British composers are calling on the government to help them claim millions of pounds in royalties from the USA for the public performance of their music, as America continues to flout international copyright regulations.
According to the European Commission, musicians are losing up to $25 million a year in revenue as a result of the USA’s ongoing failure to comply with copyright obligations established with fellow members of the World Trade Organisation. Now British Music Rights, the national umbrella group representing composers, songwriters and publishers, has begun lobbying the UK government to ensure that British artists receive a fair deal when their music is played across the Atlantic.
Emma Pike, director general of BMR, said: “The US is the primary territory for UK creators and performers and it remains a vital area for British bands to be heard. The Performing Right Society collects royalties on behalf of American songwriters when their work is played in clubs, bars and restaurants over here but the US is failing to meet international standards on music royalties.
“We think the UK government has an important role to play in raising this issue with the US and in encouraging the US to remove this exemption.”
America’s Fairness in Music Licensing Act of 1998 introduced the controversial clause - nicknamed the “Bars and Grills” rule - to US copyright law that exempts 70% of bars and restaurants and more than 45% of shops and boutiques from paying royalties for playing music in their premises.
This legislation was challenged by the European Commission and the case was brought before the WTO’s Dispute Settlement Body following a complaint from the Irish Music Rights Organisation in 2000. The panel ruled that the US clause was in breach of the Trade-Related Aspects of Intellectual Property Rights Agreement - a WTO agreement establishing minimum levels of intellectual property protection - and called for it to be amended.
Subsequently the US government was instructed to pay compensation of $1.2 million per annum for three years to European rights holders.
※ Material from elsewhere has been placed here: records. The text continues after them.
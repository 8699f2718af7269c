-- ===== src/Relay/Logs.antt =====
-- logsessions.go. Register and Remove write both maps at the same key, so an entry holds the channel
-- and the overflow count. `receive` is the handler's read of the channel.
use veyport.Base.{
  ℕ, suc, ◌+◌, ◌%◌, ◌^◌, ◌≤◌, ◌<◌, ◌≡◌, ◌≢◌, ◌==◌, ◌⊎◌, refl, leb, ltb, Bool, true, false, not,
  Option, none, some, List, [], ◌∷◌, ◌++◌, arith, if◌then◌else◌, length, length-append, find,
  select, update_where, inl, inr, Bool-cases, Option-cases,
}
use veyport.Base.Text.{Text}
use veyport.Relay.Keys.{eq_text, eq_text_iff, make_key}
pub mod Ledger

abbrev pub buffer : ℕ
buffer = 64

pub record LogSession : Type 0 where
  pub key : Text
  pub channel : List Text
  pub overflow : ℕ

abbrev pub LogSessions : Type 0
LogSessions = List LogSession

abbrev pub for_key : Text → LogSession → Bool
for_key k e = eq_text e.key k

unfoldable pub register : Text → Text → LogSessions → LogSessions
register server_id request_id ls =
    let key = make_key server_id request_id in
    record { key = key; channel = []; overflow = 0 } ∷ select (λ e. not (for_key key e)) ls

abbrev pub enqueue : Text → LogSession → LogSession
enqueue chunk e = record e { channel = e.channel ++ chunk ∷ [] }

abbrev pub lose : LogSession → LogSession
lose e = record e { overflow = (e.overflow + 1) % 2 ^ 64 }

unfoldable pub deliver_found : Text → Text → Option LogSession → LogSessions → Bool × LogSessions
deliver_found key chunk none ls = (false, ls)
deliver_found key chunk (some e) ls =
    if ltb (length e.channel) buffer
    then (true, update_where (for_key key) (enqueue chunk) ls)
    else (false, update_where (for_key key) lose ls)

unfoldable pub deliver : Text → Text → Text → LogSessions → Bool × LogSessions
unfolding deliver_found
deliver server_id request_id chunk ls =
    let key = make_key server_id request_id in deliver_found key chunk (find (for_key key) ls) ls

abbrev pub reset : LogSession → LogSession
reset e = record e { overflow = 0 }

unfoldable pub drain_found : Text → Option LogSession → LogSessions → ℕ × LogSessions
drain_found key none ls = (0, ls)
drain_found key (some e) ls =
    (e.overflow, if ltb 0 e.overflow then update_where (for_key key) reset ls else ls)

unfoldable pub drain_overflow : Text → Text → LogSessions → ℕ × LogSessions
unfolding drain_found
drain_overflow server_id request_id ls =
    let key = make_key server_id request_id in drain_found key (find (for_key key) ls) ls

unfoldable pub remove : Text → Text → LogSessions → LogSessions
remove server_id request_id ls = select (λ e. not (for_key (make_key server_id request_id) e)) ls

abbrev pub drop_first : List Text → List Text
drop_first [] = []
drop_first (c ∷ cs) = cs

abbrev pub tail : LogSession → LogSession
tail e = record e { channel = drop_first e.channel }

unfoldable pub first : List Text → Option Text
first [] = none
first (c ∷ cs) = some c

unfoldable pub receive_found : Text → Option LogSession → LogSessions → Option Text × LogSessions
unfolding first
receive_found key none ls = (none, ls)
receive_found key (some e) ls = (first e.channel, update_where (for_key key) tail ls)

unfoldable pub receive : Text → Text → LogSessions → Option Text × LogSessions
unfolding receive_found
receive server_id request_id ls =
    let key = make_key server_id request_id in receive_found key (find (for_key key) ls) ls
However, this temporary arrangement ended in December 2004 and there is still no evidence that the US intends to change its laws.
David Arnold, film composer and songwriter, said: “America is a key source of income for a huge number of British composers, songwriters and performers. As a film composer, a lot of my work originates and becomes financially viable in the American market and I am particularly concerned about the further erosion of our ability to be paid for any of this music which is broadcast in restaurants or on the radio.
“Indeed, many deals are done with American studios on the understanding that a certain amount of remuneration will come from these sources. It is vital that the US treats British creators with respect and fairness, at all levels, as the British do theirs, to ensure that we continue to see the US as a fair and viable market for our creativity.”
Some experts believe the inconsistency between the US failure to conform its law to WTO rules and its aggressive stance on global intellectual property protection under TRIPS has potentially wide ramifications, which could spread beyond copyright issues.
Said Pike: “The US is setting a very dangerous precedent for itself. It is the single largest exporter of copyright goods - by which I mean films, music and computer games.
“In order to export well, they rely on other countries complying with the TRIPS agreement. If America is not doing this itself, how can it expect other countries to do so? America should be setting an example - not opening up the possibility that other countries will follow their lead by flouting the intellectual property rights, whether in relation to music or any other product.”